Adds optional-skills/security/web-pentest/ — an authorized web app penetration testing skill adapted from Shannon's methodology (concepts only; AGPL-clean fresh implementation). Phased: recon (read-only) → vuln analysis (delegate_task per OWASP class) → proof-based exploitation → report. Guardrails baked in: - Authorization gate before first active scan (templates/authorization.md) - Scope allowlist (scope.txt) consulted by recon-scan.sh and documented as the rule for every active request - Aux-client leakage warning (compression + title gen replay history; payloads/creds must not enter chat verbatim) - Bypass-exhaustion discipline before false-positive classification - L3/L4 (proof-required) for reportable findings; L1/L2 listed as candidates only Closes #400. Supersedes #21845 (plugin-shaped proposal; skill-shaped is cheaper and matches the existing optional-skills/security/ pattern).
4 KiB
Scope Enforcement
The pentest skill is dangerous because Hermes can drive network tools unattended.
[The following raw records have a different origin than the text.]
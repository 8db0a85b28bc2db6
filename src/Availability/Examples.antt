-- ===== src/Availability/Examples.antt =====
-- The theorems on availability at concrete summaries.
use cicest.Prelude.{not, ◌&&◌, ◌≡◌, ◌↔◌, refl, true, false, ◌||◌, List, [], ◌∷◌, some, none}
use cicest.Ty.{Ty, ty, num, nil, null, copy, is_never, contains_runtime_tag, same_shape_as}
use cicest.Ty.Tests.{runtime_of}
use cicest.Availability.{
  Availability, AvailabilityExpr, availability_ct, availability_rt,
  availability_runtime_allowed_param, availability_join, first_evidence, is_rt, make_ty_expr,
  availability_expr_join, availability_expr_param, availability_expr_always_ct,
  availability_expr_forces_rt, availability_expr_from_availability, join, to,
}
use cicest.Availability.Residue.{
  call_residue_for_expr_lem, call_residue_for_expr, ct_eligible, is_eligible,
}
use cicest.Availability.Join.{
  IsSummary, live_evidence, availability_join_monoid, availability_join_runtime,
  make_ty_expr_consistent,
}
use cicest.Availability.Symbolic.{
  rt_under, is_complete, params_below, AllCt, any_rt, always_ct_iff, forces_rt_lem,
  from_availability_substitute,
}

abbrev param_summary : Availability
param_summary = availability_runtime_allowed_param (some 3)

param_summary-IsSummary : IsSummary param_summary
param_summary-IsSummary = record { no_evidence = λ e. refl; ordered = tt }

abbrev input_summary : Availability
input_summary =
    availability_rt (some (record { span = record { start = 4; end = 9 }; reason = [] }))

input_summary-IsSummary : IsSummary input_summary
input_summary-IsSummary = record { no_evidence = λ e. cc; ordered = tt }

availability_join_monoid_example :
    (availability_join (availability_join param_summary input_summary) param_summary
      ≡ availability_join param_summary (availability_join input_summary param_summary))
    × (availability_join availability_ct param_summary ≡ param_summary)
    × (availability_join param_summary availability_ct ≡ param_summary)
availability_join_monoid_example =
    availability_join_monoid param_summary input_summary param_summary param_summary-IsSummary
      input_summary-IsSummary param_summary-IsSummary

availability_join_runtime_example :
    (is_rt (availability_join param_summary input_summary).kind ≡ true)
    × (live_evidence (availability_join param_summary input_summary)
        ≡ first_evidence none (live_evidence input_summary))
    × ((availability_join param_summary input_summary).depends_on_runtime_allowed_param ≡ true)
availability_join_runtime_example = availability_join_runtime param_summary input_summary

abbrev runtime_num : Ty
runtime_num = ty num 0 0 nil null copy true

make_ty_expr_consistent_example :
    (is_never runtime_num ≡ false
      → runtime_of (make_ty_expr runtime_num availability_ct).0
        ≡ is_rt (make_ty_expr runtime_num availability_ct).1.kind)
    × (is_rt (make_ty_expr runtime_num availability_ct).1.kind
        ≡ (contains_runtime_tag runtime_num || false))
    × (same_shape_as runtime_num (make_ty_expr runtime_num availability_ct).0 ≡ true)
make_ty_expr_consistent_example = make_ty_expr_consistent runtime_num availability_ct

abbrev two_params : AvailabilityExpr
two_params =
    AvailabilityExpr.expr join 0 (to (availability_expr_param 0)) (to (availability_expr_param 1))

always_ct_iff_example :
    (availability_expr_always_ct two_params ≡ true)
    ↔ ((args : List Availability) → rt_under args two_params ≡ false)
unfolding is_complete
always_ct_iff_example = always_ct_iff two_params refl

abbrev two_ct : List Availability
two_ct = availability_ct ∷ param_summary ∷ []

forces_rt_lem_example :
    (availability_expr_forces_rt two_params ≡ true → rt_under two_ct two_params ≡ true)
    × (AllCt two_ct
        → params_below 2 two_params ≡ true
        → availability_expr_forces_rt two_params ≡ false
        → rt_under two_ct two_params ≡ false)
forces_rt_lem_example = forces_rt_lem two_params two_ct

from_availability_substitute_example :
    (rt_under two_ct (availability_expr_from_availability param_summary) ≡ any_rt two_ct (3 ∷ []))
    × (rt_under two_ct (availability_expr_join two_params two_params)
        ≡ (rt_under two_ct two_params || rt_under two_ct two_params))
from_availability_substitute_example =
    from_availability_substitute param_summary two_params two_params two_ct

call_residue_for_expr_lem_example :
    is_eligible (call_residue_for_expr (make_ty_expr runtime_num availability_ct).1 ct_eligible)
    ≡ (true && not (contains_runtime_tag runtime_num || false))
call_residue_for_expr_lem_example =
    call_residue_for_expr_lem runtime_num availability_ct ct_eligible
The single most important rule: every active request must target a host the operator authorized. This file is the procedure.
The Three Authorities
engagement/authorization.md— what the operator wrote down.engagement/scope.txt— the machine-readable allowlist.- The current shell prompt — implicit: "I'm running as Hermes inside the operator's box."
If any of those three disagree, you STOP and ask. Don't try to reconcile.
scope.txt format
One target per line. Comments with #.
# Hostnames — resolved at use time
localhost
127.0.0.1
::1
staging.example.com
api-staging.example.com
# CIDR — internal labs only, requires operator OK in writing
192.168.50.0/24
10.0.5.0/24
Wildcards are NOT supported. If you need *.staging.example.com, list
each host explicitly. This is on purpose: subdomain wildcards in
authorization scope are how unauthorized testing happens.
Host Extraction Rules
Before any active request, extract the target host from the command or URL and confirm it's in scope.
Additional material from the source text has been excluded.